__PROBLEM TO WORK ON__:
An exact transcript of all the records is required, with nothing left out.

-------- DATA FOR PROCESSING

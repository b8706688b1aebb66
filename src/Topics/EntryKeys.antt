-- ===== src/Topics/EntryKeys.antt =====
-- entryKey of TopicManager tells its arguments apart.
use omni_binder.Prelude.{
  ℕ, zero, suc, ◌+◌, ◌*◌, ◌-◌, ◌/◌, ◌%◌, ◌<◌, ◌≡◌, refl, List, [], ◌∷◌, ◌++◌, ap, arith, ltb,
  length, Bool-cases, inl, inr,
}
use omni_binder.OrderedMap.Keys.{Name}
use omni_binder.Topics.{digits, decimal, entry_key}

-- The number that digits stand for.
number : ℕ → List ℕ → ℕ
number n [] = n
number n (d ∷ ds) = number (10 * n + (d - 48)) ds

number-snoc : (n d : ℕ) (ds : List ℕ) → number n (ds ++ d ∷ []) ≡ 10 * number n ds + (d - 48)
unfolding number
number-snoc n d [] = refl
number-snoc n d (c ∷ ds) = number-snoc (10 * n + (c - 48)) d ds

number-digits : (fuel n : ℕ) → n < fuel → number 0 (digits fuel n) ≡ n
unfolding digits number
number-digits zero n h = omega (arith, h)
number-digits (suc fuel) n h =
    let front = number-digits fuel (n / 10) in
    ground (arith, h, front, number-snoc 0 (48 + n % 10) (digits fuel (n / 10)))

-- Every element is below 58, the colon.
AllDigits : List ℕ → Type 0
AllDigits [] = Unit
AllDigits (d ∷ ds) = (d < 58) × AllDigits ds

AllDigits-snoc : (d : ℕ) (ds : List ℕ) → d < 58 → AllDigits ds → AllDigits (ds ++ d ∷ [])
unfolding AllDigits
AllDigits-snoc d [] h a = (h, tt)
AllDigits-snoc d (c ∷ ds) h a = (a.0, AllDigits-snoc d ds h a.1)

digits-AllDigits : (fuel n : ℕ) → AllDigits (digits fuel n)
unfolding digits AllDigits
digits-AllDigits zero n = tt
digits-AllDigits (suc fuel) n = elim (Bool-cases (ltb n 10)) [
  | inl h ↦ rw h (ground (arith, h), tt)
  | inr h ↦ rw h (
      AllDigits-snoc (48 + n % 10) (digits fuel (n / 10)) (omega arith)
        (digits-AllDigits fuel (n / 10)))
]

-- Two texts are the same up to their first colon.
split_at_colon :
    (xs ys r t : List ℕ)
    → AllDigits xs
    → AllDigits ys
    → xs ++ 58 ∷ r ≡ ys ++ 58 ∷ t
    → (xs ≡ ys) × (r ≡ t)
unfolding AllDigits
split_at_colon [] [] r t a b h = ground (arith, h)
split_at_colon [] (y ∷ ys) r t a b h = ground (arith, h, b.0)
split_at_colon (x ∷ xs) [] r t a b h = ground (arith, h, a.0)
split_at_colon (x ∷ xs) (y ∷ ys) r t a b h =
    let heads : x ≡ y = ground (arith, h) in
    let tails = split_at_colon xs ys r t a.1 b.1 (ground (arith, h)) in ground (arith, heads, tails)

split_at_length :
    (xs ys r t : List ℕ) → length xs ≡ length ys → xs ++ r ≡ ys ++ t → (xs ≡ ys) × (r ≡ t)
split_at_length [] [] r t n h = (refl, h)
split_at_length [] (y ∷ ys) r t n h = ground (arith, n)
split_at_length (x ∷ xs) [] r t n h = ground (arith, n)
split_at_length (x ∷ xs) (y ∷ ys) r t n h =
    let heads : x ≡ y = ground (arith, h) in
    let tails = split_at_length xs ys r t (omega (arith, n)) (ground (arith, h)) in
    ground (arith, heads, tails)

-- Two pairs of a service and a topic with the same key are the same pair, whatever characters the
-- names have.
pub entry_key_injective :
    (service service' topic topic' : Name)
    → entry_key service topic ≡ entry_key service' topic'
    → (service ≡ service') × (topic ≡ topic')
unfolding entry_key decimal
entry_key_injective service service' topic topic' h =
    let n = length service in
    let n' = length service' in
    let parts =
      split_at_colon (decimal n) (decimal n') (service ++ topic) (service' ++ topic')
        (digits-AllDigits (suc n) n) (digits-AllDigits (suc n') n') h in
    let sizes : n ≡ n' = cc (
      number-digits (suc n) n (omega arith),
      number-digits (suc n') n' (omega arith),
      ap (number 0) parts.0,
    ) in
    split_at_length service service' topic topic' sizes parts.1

----------------

__RESULT OF THE TASK__:
repository b8706688b1aebb66
filename src/Topics/EntryKeys.antt
-- ===== src/Topics/EntryKeys.antt =====
-- entryKey of TopicManager tells its arguments apart.
use omni_binder.Prelude.{
  ℕ, zero, suc, ◌+◌, ◌*◌, ◌-◌, ◌/◌, ◌%◌, ◌<◌, ◌≡◌, refl, List, [], ◌∷◌, ◌++◌, ap, arith, ltb,
  length, Bool-cases, inl, inr,
}
use omni_binder.OrderedMap.Keys.{Name}
use omni_binder.Topics.{digits, decimal, entry_key}

-- The number that digits stand for.
number : ℕ → List ℕ → ℕ
number n [] = n
number n (d ∷ ds) = number (10 * n + (d - 48)) ds

number-snoc : (n d : ℕ) (ds : List ℕ) → number n (ds ++ d ∷ []) ≡ 10 * number n ds + (d - 48)
unfolding number
number-snoc n d [] = refl
number-snoc n d (c ∷ ds) = number-snoc (10 * n + (c - 48)) d ds

number-digits : (fuel n : ℕ) → n < fuel → number 0 (digits fuel n) ≡ n
unfolding digits number
number-digits zero n h = omega (arith, h)
number-digits (suc fuel) n h =
    let front = number-digits fuel (n / 10) in
    ground (arith, h, front, number-snoc 0 (48 + n % 10) (digits fuel (n / 10)))

-- Every element is below 58, the colon.
AllDigits : List ℕ → Type 0
AllDigits [] = Unit
AllDigits (d ∷ ds) = (d < 58) × AllDigits ds

AllDigits-snoc : (d : ℕ) (ds : List ℕ) → d < 58 → AllDigits ds → AllDigits (ds ++ d ∷ [])
unfolding AllDigits
AllDigits-snoc d [] h a = (h, tt)
AllDigits-snoc d (c ∷ ds) h a = (a.0, AllDigits-snoc d ds h a.1)

digits-AllDigits : (fuel n : ℕ) → AllDigits (digits fuel n)
unfolding digits AllDigits
digits-AllDigits zero n = tt
digits-AllDigits (suc fuel) n = elim (Bool-cases (ltb n 10)) [
  | inl h ↦ rw h (ground (arith, h), tt)
  | inr h ↦ rw h (
      AllDigits-snoc (48 + n % 10) (digits fuel (n / 10)) (omega arith)
        (digits-AllDigits fuel (n / 10)))
]

-- Two texts are the same up to their first colon.
split_at_colon :
    (xs ys r t : List ℕ)
    → AllDigits xs
    → AllDigits ys
    → xs ++ 58 ∷ r ≡ ys ++ 58 ∷ t
    → (xs ≡ ys) × (r ≡ t)
unfolding AllDigits
split_at_colon [] [] r t a b h = ground (arith, h)
split_at_colon [] (y ∷ ys) r t a b h = ground (arith, h, b.0)
split_at_colon (x ∷ xs) [] r t a b h = ground (arith, h, a.0)
split_at_colon (x ∷ xs) (y ∷ ys) r t a b h =
    let heads : x ≡ y = ground (arith, h) in
    let tails = split_at_colon xs ys r t a.1 b.1 (ground (arith, h)) in ground (arith, heads, tails)

split_at_length :
    (xs ys r t : List ℕ) → length xs ≡ length ys → xs ++ r ≡ ys ++ t → (xs ≡ ys) × (r ≡ t)
split_at_length [] [] r t n h = (refl, h)
split_at_length [] (y ∷ ys) r t n h = ground (arith, n)
split_at_length (x ∷ xs) [] r t n h = ground (arith, n)
split_at_length (x ∷ xs) (y ∷ ys) r t n h =
    let heads : x ≡ y = ground (arith, h) in
    let tails = split_at_length xs ys r t (omega (arith, n)) (ground (arith, h)) in
    ground (arith, heads, tails)

-- Two pairs of a service and a topic with the same key are the same pair, whatever characters the
-- names have.
pub entry_key_injective :
    (service service' topic topic' : Name)
    → entry_key service topic ≡ entry_key service' topic'
    → (service ≡ service') × (topic ≡ topic')
unfolding entry_key decimal
entry_key_injective service service' topic topic' h =
    let n = length service in
    let n' = length service' in
    let parts =
      split_at_colon (decimal n) (decimal n') (service ++ topic) (service' ++ topic')
        (digits-AllDigits (suc n) n) (digits-AllDigits (suc n') n') h in
    let sizes : n ≡ n' = cc (
      number-digits (suc n) n (omega arith),
      number-digits (suc n') n' (omega arith),
      ap (number 0) parts.0,
    ) in
    split_at_length service service' topic topic' sizes parts.1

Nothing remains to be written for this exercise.